O conceito de racismo ambiental passa a ganhar estatuto acadêmico
nos 1990 articulando-se ao debate de justiça ambiental. A história do conceito
demonstra histórias de violências, mas também histórias de lutas por direitos
territoriais e coletivos. Ou seja, são sujeitos políticos se constituindo pautando
outros projetos de sociedade. São lutas contra o sistema de opressão e
exploração que os adoecem e matam. São lutas pela garantia de vidas dignas.
São lutas que evidenciam a dimensão racial do capitalismo.
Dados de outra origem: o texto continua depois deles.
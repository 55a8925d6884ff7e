-- ===== src/Common.antt =====
-- The names that the other modules share: the libraries', passed on, the Boolean tests, lists and
-- integers over the native numbers, and C's 64-bit words.
mod Tests
mod Lists
mod Words
pub mod Int
pub mod Ranges
pub mod Text
pub use Tests.*
pub use Lists.*
unfoldable pub use Lists.{bytes_eq, has}
pub use Words.*
pub use Prim.Native.Nat.{ℕ, zero, suc, ◌+◌, ◌-◌, ◌*◌, ◌/◌, ◌%◌, ◌^◌, ◌≤◌, ◌<◌, min}
pub use mathlib.Core.Path.{◌≡◌, refl, sym, ap, ap₂, ◌∙◌, fun_ext}
pub use mathlib.Core.Logic.{◌≢◌, ◌↔◌, ◌⊎◌, inl, inr}
pub use mathlib.Core.Bool.{Bool, true, false, not, ◌&&◌, ◌||◌}
pub use mathlib.Core.Option.{Option, none, some}
pub use mathlib.Core.List.{List, [], ◌∷◌, ◌++◌, map}
pub use native.Mathlib.Omega.{arith}
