-- ===== src/Common/Ranges.antt =====
-- Runs of consecutive values of a function, and the sequences that they make.
use Prim.Native.Nat.{ℕ, zero, suc, ◌+◌, ◌<◌}
use mathlib.Core.Path.{◌≡◌, refl, sym, ap, ap₂, ◌∙◌}
use mathlib.Core.List.{List, [], ◌∷◌, ◌++◌}
use native.Mathlib.Omega.{arith}
use native.Mathlib.Nat.{add-zero}
use narc_os.Common.Lists.{length}

-- The `n` bytes that `f` holds from `i` on.
unfoldable pub bytes_from : (ℕ → ℕ) → ℕ → ℕ → List ℕ
bytes_from f i zero = []
bytes_from f i (suc n) = f i ∷ bytes_from f (i + 1) n

pub length-bytes_from : (f : ℕ → ℕ) (i n : ℕ) → length (bytes_from f i n) ≡ n
unfolding bytes_from
length-bytes_from f i zero = refl
length-bytes_from f i (suc n) = ap suc (length-bytes_from f (i + 1) n)

pub bytes_from-append :
    (f : ℕ → ℕ) (i j n m : ℕ)
    → j ≡ i + n
    → bytes_from f i n ++ bytes_from f j m ≡ bytes_from f i (n + m)
unfolding bytes_from
bytes_from-append f i j zero m e =
    let e' : j ≡ i = omega arith in ap₂ (λ a b. bytes_from f a b) e' (omega arith)
bytes_from-append f i j (suc n) m e =
    let s : suc n + m ≡ suc (n + m) = omega arith in
    ap (λ l. f i ∷ l) (bytes_from-append f (i + 1) j n m (omega arith))
    ∙ ap (bytes_from f i) (sym s)

-- Only the values in the run matter.
pub bytes_from-congr :
    (f g : ℕ → ℕ) (i j n : ℕ)
    → ((k : ℕ) → k < n → f (i + k) ≡ g (j + k))
    → bytes_from f i n ≡ bytes_from g j n
unfolding bytes_from
bytes_from-congr f g i j zero h = refl
bytes_from-congr f g i j (suc n) h = ap₂ ◌∷◌ (rw (← add-zero i, ← add-zero j) (h 0 (omega arith))) (
    bytes_from-congr f g (i + 1) (j + 1) n λ k lt.
      let e : (a : ℕ) → a + 1 + k ≡ a + suc k = (λ a. omega arith) in
      rw (e i, e j) (h (suc k) (omega arith)))
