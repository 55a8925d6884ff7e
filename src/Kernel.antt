-- ===== src/Kernel.antt =====
-- The kernel (kernel/): byte routines, the file system in memory, tasks, physical pages, page tables, the
-- window of the heap, and the system calls.
pub mod String
pub mod Vfs
pub mod Task
pub mod Heap
pub mod Syscall
pub mod Pages
pub mod Paging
São lutas que
coloca o protagonismo de grupos racializados, subalternizado e invisibilizado
no enfrentamento ao capitalismo diante: 1- a exposição a elementos
provocadores de adoecimento e morte em ambientes; 2- a distribuição
espacialmente desigual de bens sociais e amenidades naturais; 3- a desordem
ecológica fruto da modernidade capitalista, desigualmente distribuída
vulnerabilizando grupos e comunidades subalternizadas e racializados; 4-
extração destrutiva das condições materiais, simbólicas, ontológicas e
ambientais da existência de grupos subalternizados; 5- processos realocação
de empreendimentos poluidores tendo como alvos ambientes de grupos
subalternizados; 6- remoções de grupos subalternizado pela raça, classe e
etnia para instalação de empreendimento promovendo espoliação de direitos,
expropriação da terra e de territórios; 7- processos de realocação de grupos
subalternizados em ambientes insalubres, vulneráveis e destituídos de
condições materiais, simbólicas e ontológicas para (re)produção da existência;
8- a destruição da autonomia territorial de grupos para instalação de projetos
de desenvolvimento; 9- a indignação racialmente seletiva dos danos
ambientais; 10- política administrada de morte definida pelo tempo
governamental (executivo, legislativo e judiciário) nas respostas a danos
ambientais para grupos e ambientes subalternizados; 11- destruição de
território ancestrais desestruturando modos de existências de grupos sociais
forjado por laços comunitários; 12- destruição das condições de existência das
populações locais com o estabelecimento de vegetação e animais exógenos
que tornam-se pragas nestes novos ambientes; 13- distinção no acesso rápido
e contínuo a serviços de saúde garantidores da vida.
Uma rede internacional criada por movimentos sociais em diferentes partes
do mundo com o foco na justiça ambiental se constitui como forma de
monitoramento e combate ao racismo ambiental em todo o planeta.